They are almost orthogonal concepts in some regards. Bayesian models (and in particular Bayesian networks or graphical models) and neural networks are about different things. The former try hard to capture uncertainty and causality. The later are all about non-linearity.
For example, Pyro implements tons of facilities to have Bayesian models augmented with neural networks.
It makes a lot of sense from a modeling perspective to model the big picture using a Bayesian model (generally a graphical model) and then use neural networks for some components. You capture the overall causal structure, but you are also outputting really precise predictions. For example, a deep markov model.
There are tons of unexplored ideas combining both, and in general I think this is the future of deep learning and one component towards AGI.
I actually really think that the way Bayesian probability factors in subjective probability is key, in that even if an algorithm spits out a result, it is still subject to human interpretation as well.
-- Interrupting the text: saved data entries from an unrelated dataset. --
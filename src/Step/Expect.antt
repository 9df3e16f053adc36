-- ===== src/Step/Expect.antt =====
-- `validateExpectations` (cmd/kbuild-step/expect.go): the gate of /kernel.expect over .config.
pub mod Symbols
pub mod Gate
use kernelbuild_buildkit.Common.{
  ℕ, suc, ◌==◌, ◌+◌, Bool, true, false, not, ◌&&◌, ◌||◌, List, [], ◌∷◌, ◌++◌, Option, none, some,
  Bytes, codes, beq, is_empty, has_prefix, cut, break_at, split, member, trim_space, if◌then◌else◌,
  Result, ok, err, ◌>>=◌, within, is_digit,
}
use kernelbuild_buildkit.Regex.{Regex, class, cat, char, plus, matches}

pub data ExpectError : Type 0 where
  unreadable_config : ExpectError
  malformed : ℕ → Bytes → ExpectError
  not_a_symbol : ℕ → Bytes → ExpectError
  unknown_op : ℕ → Bytes → ExpectError
  -- the expectations that are not met, as they are printed, and how many there are of all
  not_met : List (Bytes × Bytes) → ℕ → ExpectError

-- [A-Z0-9_]
abbrev pub is_symbol_byte : ℕ → Bool
is_symbol_byte c = within b'A' b'Z' c || is_digit c || c == b'_'

abbrev pub prefixed : Bytes → Regex → Regex
prefixed [] r = r
prefixed (c ∷ p) r = cat (char c) (prefixed p r)

-- `expectSymRe`
unfoldable pub expect_sym_re : Regex
expect_sym_re = prefixed (codes "CONFIG_") (plus (class is_symbol_byte))

-- A line CONFIG_X=y or CONFIG_X=m.
abbrev pub is_on_value : Option Bytes → Bool
is_on_value none = false
is_on_value (some v) = beq v (codes "y") || beq v (codes "m")

unfoldable pub turns_on : Bytes × Option Bytes → Bool
unfolding has_prefix beq
turns_on (sym, val) = has_prefix sym (codes "CONFIG_") && is_on_value val

-- The map `set`: the symbols that are =y or =m.
unfoldable pub symbols_on : List Bytes → List Bytes
unfolding turns_on break_at
symbols_on [] = []
symbols_on (l ∷ ls) =
    let rest = symbols_on ls in if turns_on (cut b'=' l) then (cut b'=' l).0 ∷ rest else rest

-- What a line of the file comes to: nothing, or an expectation that is met or not.
pub data Verdict : Type 0 where
  skipped : Verdict
  met : Verdict
  missed : Bytes → Bytes → Verdict

abbrev judged : Bytes → Bytes → Bool → Verdict
judged op arg bad = if bad then missed op arg else met

-- `n++`, and the list of those that are not met.
abbrev pub counted : Verdict → ℕ × List (Bytes × Bytes) → ℕ × List (Bytes × Bytes)
counted skipped (n, bad) = (n, bad)
counted met (n, bad) = (suc n, bad)
counted (missed op arg) (n, bad) = (suc n, (op, arg) ∷ bad)

module _ (lines : List Bytes) where
  -- The switch on the operator.
  unfoldable pub judge : ℕ → Bytes → Bytes → Result ExpectError Verdict
  unfolding beq matches expect_sym_re symbols_on member
  judge i op arg =
      if beq op (codes "y") || beq op (codes "n")
      then (if not (matches expect_sym_re arg)
          then err (not_a_symbol i arg)
          else ok (
              judged op arg (
                if beq op (codes "y")
                then not (member arg (symbols_on lines))
                else member arg (symbols_on lines))))
      else if beq op (codes "=")
      then ok (judged op arg (not (member arg lines)))
      else err (unknown_op i op)

  abbrev pub judge_cut : ℕ → Bytes → Bytes × Option Bytes → Result ExpectError Verdict
  judge_cut i l (op, none) = err (malformed i l)
  judge_cut i l (op, some arg) =
      if is_empty (trim_space arg) then err (malformed i l) else judge i op (trim_space arg)

  unfoldable pub judge_line : ℕ → Bytes → Result ExpectError Verdict
  unfolding judge has_prefix trim_space break_at
  judge_line i raw =
      let l = trim_space raw in
      if is_empty l || has_prefix l (codes "#") then ok skipped else judge_cut i l (cut b' ' l)

  -- The loop: the number of expectations and those that are not met, of the lines from the i-th on.
  unfoldable pub judge_lines : ℕ → List Bytes → Result ExpectError (ℕ × List (Bytes × Bytes))
  unfolding judge_line
  judge_lines i [] = ok (0, [])
  judge_lines i (l ∷ ls) = do v ← judge_line i l; rest ← judge_lines (suc i) ls; ok (counted v rest)

abbrev pub finish : ℕ × List (Bytes × Bytes) → Result ExpectError ℕ
finish (n, []) = ok n
finish (n, b ∷ bad) = err (not_met (b ∷ bad) n)

unfoldable pub check_config : Bytes → Option Bytes → Result ExpectError ℕ
unfolding judge_lines split
check_config raw none = err unreadable_config
check_config raw (some cfg) = judge_lines (split b'\n' cfg) 1 (split b'\n' raw) >>= finish

-- `validateExpectations`, of the files /kernel.expect and .config; the result is the number of the
-- expectations.
unfoldable pub validate_expectations : Option Bytes → Option Bytes → Result ExpectError ℕ
unfolding check_config
validate_expectations none config = ok 0
validate_expectations (some raw) config = check_config raw config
I think some kind of composite decision support with both purely objective results (e.g. neural networks or other models that are purely machine based) as well as subjective beliefs could be really interesting and I still haven't seen much that does this.
I think maybe reinforcement learning where human feedback becomes part of the loop is about as close as I could think of. But that is different than factoring in human input to probability calculations.
Indeed. Mathematically speaking, a graphical model merely formalizes conditional independence. Their advantage is a statistical interpretation, which is also a factor that makes algorithms (like belief propagation) harder to parallelize on GPUs.
Belief propagation is hard to parallelize because, in its basic form, it’s a sequence of serial computations. If the graph is a tree, though, then it’s actually pretty easy to parallelize. The only issue is you have to wait for all the incoming messages from your children to arrive before you push your message upward. Once you reach the root, you can fully parallelize the downward pass (in a tree).
The other main issue is that in graphs with multiple paths to a single node, you can’t quite do this forward backward pass and get the _exact_ answer. You can approximate it by just passing messages in these cycles that arise, but you’re not actually guaranteed to converge to the right marginal probability anymore. This is called Loopy Belief Propagation. Additionally, there’s no real true ordering of nodes for a passing order. There’s not a natural sequence like there is from leaves to root and back when you can go around and around in circles.
It surprisingly works reasonably well in a lot of cases anyway though. BP and the various approximate versions are super interesting. The original algorithms really only work on low dimensional discrete spaces or things with analytic solutions to integrating from conditional/joint to marginal distributions. However, there’s been some really cool stuff coming out in the last 5ish years about using particle based approximations to work on more complicated/continuous spaces.
That's the synthesis we've come to now, after great effort. It was far from clear in the 1980s and 1990s, when Bayesian networks and neural networks looked a lot more like competitors.
For example, Pyro implements tons of facilities to have Bayesian models augmented with neural networks.
It makes a lot of sense from a modeling perspective to model the big picture using a Bayesian model (generally a graphical model) and then use neural networks for some components. You capture the overall causal structure, but you are also outputting really precise predictions. For example, a deep markov model.
There are tons of unexplored ideas combining both, and in general I think this is the future of deep learning and one component towards AGI.